▶ Directions for this task:
Your answer should be the lines below from the one with "top-Stacked (g ∷ gs) [] c base s = absurd s" to the one with "acts-innermost os (entered", both included, given again exactly and with nothing added.

[Collected data entries]
#####

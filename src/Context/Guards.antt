-- ===== src/Context/Guards.antt =====
-- What a sequence of guards does to the context of a thread.
use loony_rs_runtime.Base.{ℕ, ◌≡◌, refl, ◌∙◌, Option, none, some, List, [], ◌∷◌}
use loony_rs_runtime.Context.{
  Context, Guard, entered, within, enter, new, drop, current, Op, enters, blocks, leaves, act, acts,
  unwind,
}

act-unwind :
    (o : Op) (gs : List Guard) (c : Context)
    → unwind (act o (gs, c)).0 (act o (gs, c)).1 ≡ unwind gs c
unfolding act unwind
act-unwind (enters h) gs c = refl
act-unwind (blocks h) gs c = refl
act-unwind leaves [] c = refl
act-unwind leaves (g ∷ gs) c = refl

acts-unwind :
    (os : List Op) (gs : List Guard) (c : Context)
    → unwind (acts os (gs, c)).0 (acts os (gs, c)).1 ≡ unwind gs c
acts-unwind [] gs c = refl
acts-unwind (o ∷ os) gs c = acts-unwind os (act o (gs, c)).0 (act o (gs, c)).1 ∙ act-unwind o gs c

-- However a thread enters runtimes and blocks on them, with its guards dropped in the reverse order,
-- once the rest of them is dropped its context and its worker are those at the start.
pub guards_restore :
    (os : List Op) (c : Context) → unwind (acts os ([], c)).0 (acts os ([], c)).1 ≡ c
unfolding unwind
guards_restore os c = acts-unwind os [] c

-- The abstract view: the stack of the runtimes that the thread is in.
abbrev pub opened : List Op → List ℕ → List ℕ
opened [] hs = hs
opened (enters h ∷ os) hs = opened os (h ∷ hs)
opened (blocks h ∷ os) hs = opened os (h ∷ hs)
opened (leaves ∷ os) [] = opened os []
opened (leaves ∷ os) (h ∷ hs) = opened os hs

abbrev pub top : List ℕ → Option ℕ → Option ℕ
top [] base = base
top (h ∷ hs) base = some h

-- The guards hold the stack.
abbrev Stacked : List Guard → List ℕ → Context → Option ℕ → Type 0
Stacked [] [] c base = c.shared ≡ base
Stacked [] (h ∷ hs) c base = ⊥
Stacked (g ∷ gs) [] c base = ⊥
Stacked (g ∷ gs) (h ∷ hs) c base = (c.shared ≡ some h) × Stacked gs hs (drop g c) base

top-Stacked :
    (gs : List Guard) (hs : List ℕ) (c : Context) (base : Option ℕ)
    → Stacked gs hs c base
    → current c ≡ top hs base
unfolding current
top-Stacked [] [] c base s = s
top-Stacked [] (h ∷ hs) c base s = absurd s
top-Stacked (g ∷ gs) [] c base s = absurd s
top-Stacked (g ∷ gs) (h ∷ hs) c base s = s.0

acts-innermost :
    (os : List Op) (gs : List Guard) (hs : List ℕ) (c : Context) (base : Option ℕ)
    → Stacked gs hs c base
    → current (acts os (gs, c)).1 ≡ top (opened os hs) base
unfolding act enter new drop
acts-innermost [] gs hs c base s = top-Stacked gs hs c base s
acts-innermost (enters h ∷ os) gs hs c base s =
    acts-innermost os (entered c.shared ∷ gs) (h ∷ hs) (record c { shared = some h }) base (refl, s)
acts-innermost (blocks h ∷ os) gs hs c base s =
    acts-innermost os (within c.shared c.worker ∷ gs) (h ∷ hs)
      (record { shared = some h; worker = none }) base (refl, s)
acts-innermost (leaves ∷ os) [] [] c base s = acts-innermost os [] [] c base s
acts-innermost (leaves ∷ os) [] (h ∷ hs) c base s = absurd s
acts-innermost (leaves ∷ os) (g ∷ gs) [] c base s = absurd s
acts-innermost (leaves ∷ os) (g ∷ gs) (h ∷ hs) c base s =
    acts-innermost os gs hs (drop g c) base s.1

-- `Handle::current` is that of the last runtime that the thread entered or blocks on and has not
-- left, and the one at the start if there is none.
pub current_innermost :
    (os : List Op) (c : Context) → current (acts os ([], c)).1 ≡ top (opened os []) c.shared
current_innermost os c = acts-innermost os [] [] c c.shared refl
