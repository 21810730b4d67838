-- ===== src/Context/Workers.antt =====
-- The thread-locals of a worker: `WorkerThread::run` and the end of `MultiThread::shutdown` in
-- src/runtime/scheduler/multi_thread.rs.
use loony_rs_runtime.Base.{ℕ, ◌≡◌, refl, ◌∙◌, Option, none, some, List, [], ◌∷◌}
use loony_rs_runtime.Context.{Context, Op, acts, unwind}
use loony_rs_runtime.Context.Guards.{guards_restore}

-- What `run` sets before its loop, and what it clears after it.
unfoldable pub begin : ℕ → ℕ → Context → Context
begin shared index c = record { shared = some shared; worker = some index }

unfoldable pub finish : Context → Context
finish c = record { shared = none; worker = none }

-- What `MultiThread::shutdown` clears on the thread that calls it.
unfoldable pub clear : Context → Context
clear c = record c { shared = none }

unfoldable pub current_shared : Context → Option ℕ
current_shared c = c.shared

unfoldable pub current_worker : Context → Option ℕ
current_worker c = c.worker

-- The runs of some tasks, each with the guards that it makes and drops; those that it has not dropped
-- at its end are dropped then.
unfoldable pub runs : List (List Op) → Context → Context
runs [] c = c
runs (os ∷ tasks) c = runs tasks (unwind (acts os ([], c)).0 (acts os ([], c)).1)

pub runs_lem : (tasks : List (List Op)) (c : Context) → runs tasks c ≡ c
unfolding runs
runs_lem [] c = refl
runs_lem (os ∷ tasks) c = runs_lem tasks _ ∙ guards_restore os c
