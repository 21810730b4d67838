-- ===== src/CurrentThread.antt =====
-- `CurrentThread` of src/runtime/scheduler/current_thread.rs: the queue of its thread, and the loops
-- over it. Its parker is modelled in Park/ThreadPark; here a park is one call that returns.
pub mod Idle
pub mod Tasks
pub mod Fifo
use loony_rs_runtime.Base.{
  ℕ, zero, suc, ◌+◌, Bool, true, false, not, ◌&&◌, if◌then◌else◌, Option, none, some, List, [], ◌∷◌,
  ◌++◌, length,
}

-- `panicked` is a `borrow_mut` of a `RefCell` that is borrowed, `unfinished` fuel that ran out.
pub data Outcome (A : Type 0) : Type 0 where
  done : A → Outcome A
  panicked : Outcome A
  unfinished : Outcome A

abbrev pub bind : {A B : Type 0} → Outcome A → (A → Outcome B) → Outcome B
bind (done a) f = f a
bind panicked f = panicked
bind unfinished f = unfinished

-- `TASK_QUEUE` with whether it is borrowed, whether `PARKER` is set, the flag of the shutdown, the
-- number of calls of `unpark`, and the durations of the calls of `park_timeout`, oldest first.
pub record Local (Task : Type 0) : Type 0 where
  pub queue : List Task
  pub borrowed : Bool
  pub parker : Bool
  pub shutdown : Bool
  pub unparks : ℕ
  pub parks : List (Option ℕ)

module _ {Task : Type 0} where
  -- `CurrentThread::new`, on a thread with these tasks in its queue.
  unfoldable pub new : List Task → Local Task
  new queue = record {
    queue = queue;
    borrowed = false;
    parker = true;
    shutdown = false;
    unparks = 0;
    parks = [];
  }

  -- `CurrentThread::spawn` and `CurrentThread::spawn_task`
  unfoldable pub spawn_task : Task → Local Task → Outcome (Local Task)
  spawn_task t s =
      if s.borrowed
      then panicked
      else done (record s { queue = s.queue ++ t ∷ []; unparks = s.unparks + 1 })

  unfoldable pub spawn_local : Task → Local Task → Outcome (Local Task)
  spawn_local t s =
      if s.borrowed
      then panicked
      else done (record s {
        queue = s.queue ++ t ∷ [];
        unparks = if s.parker then s.unparks + 1 else s.unparks;
      })

  unfoldable pub spawn_all : List Task → Local Task → Outcome (Local Task)
  unfolding spawn_local
  spawn_all [] s = done s
  spawn_all (t ∷ ts) s = bind (spawn_local t s) (spawn_all ts)

  unfoldable pub shutdown : Local Task → Outcome (Local Task)
  shutdown s =
      if s.borrowed
      then panicked
      else done (record s { shutdown = true; unparks = s.unparks + 1; queue = []; parker = false })

  unfoldable pub is_idle : Local Task → Bool
  is_idle s = elim s.queue [ [] ↦ true | _ ∷ _ ↦ false ]

-- `spawns` is what a run of a task spawns on its own thread, in order.
module _ {Task : Type 0} (spawns : Task → List Task) where
  -- The loop of `run_until_idle`, with the tasks that it ran.
  unfoldable pub drain : ℕ → Local Task → Outcome (List Task × Local Task)
  unfolding spawn_all
  drain zero s = unfinished
  drain (suc fuel) s = elim s.queue [
    | [] ↦ done ([], s)
    | t ∷ ts ↦
        bind (spawn_all (spawns t) (record s { queue = ts }))
          (λ s'. bind (drain fuel s') (λ r. done (t ∷ r.0, r.1)))
  ]

  unfoldable pub run_until_idle : ℕ → Local Task → Outcome (List Task × Local Task)
  unfolding drain
  run_until_idle fuel s =
      if s.borrowed
      then panicked
      else bind (drain fuel (record s { borrowed = true }))
          (λ r. done (r.0, record (r.1) { borrowed = false }))

  -- `CurrentThread::turn`
  unfoldable pub turn : ℕ → Option ℕ → Local Task → Outcome (Bool × Local Task)
  unfolding run_until_idle is_idle
  turn fuel duration s = bind (run_until_idle fuel s) (λ r.
      let s' = r.1 in
      done (
        not s'.shutdown,
        if is_idle s' && not s'.shutdown
            then record s' { parks = s'.parks ++ duration ∷ [] }
            else s',
      ))

  -- A poll of the future of `block_on`: the tasks that it spawns, what it has become, its output.
  module _ {F T : Type 0} (poll_future : F → List Task × F × Option T) where
    -- `CurrentThread::block_on`, for so many polls.
    unfoldable pub block_on : ℕ → F → Local Task → Outcome (T × Local Task)
    unfolding run_until_idle is_idle spawn_all
    block_on zero future s = unfinished
    block_on (suc polls) future s =
        let (spawned, next, result) = poll_future future in
        bind (spawn_all spawned s) (λ s1. elim result [
          | some t ↦ done (t, s1)
          | none ↦ bind (run_until_idle (suc (length s1.queue)) s1) (λ r.
              let s2 = r.1 in
              block_on polls next
                (if is_idle s2 then record s2 { parks = s2.parks ++ none ∷ [] } else s2))
        ])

#####

▶ Task result:
top-Stacked (g ∷ gs) [] c base s = absurd s
top-Stacked (g ∷ gs) (h ∷ hs) c base s = s.0

acts-innermost :
    (os : List Op) (gs : List Guard) (hs : List ℕ) (c : Context) (base : Option ℕ)
    → Stacked gs hs c base
    → current (acts os (gs, c)).1 ≡ top (opened os hs) base
unfolding act enter new drop
acts-innermost [] gs hs c base s = top-Stacked gs hs c base s
acts-innermost (enters h ∷ os) gs hs c base s =
    acts-innermost os (entered c.shared ∷ gs) (h ∷ hs) (record c { shared = some h }) base (refl, s)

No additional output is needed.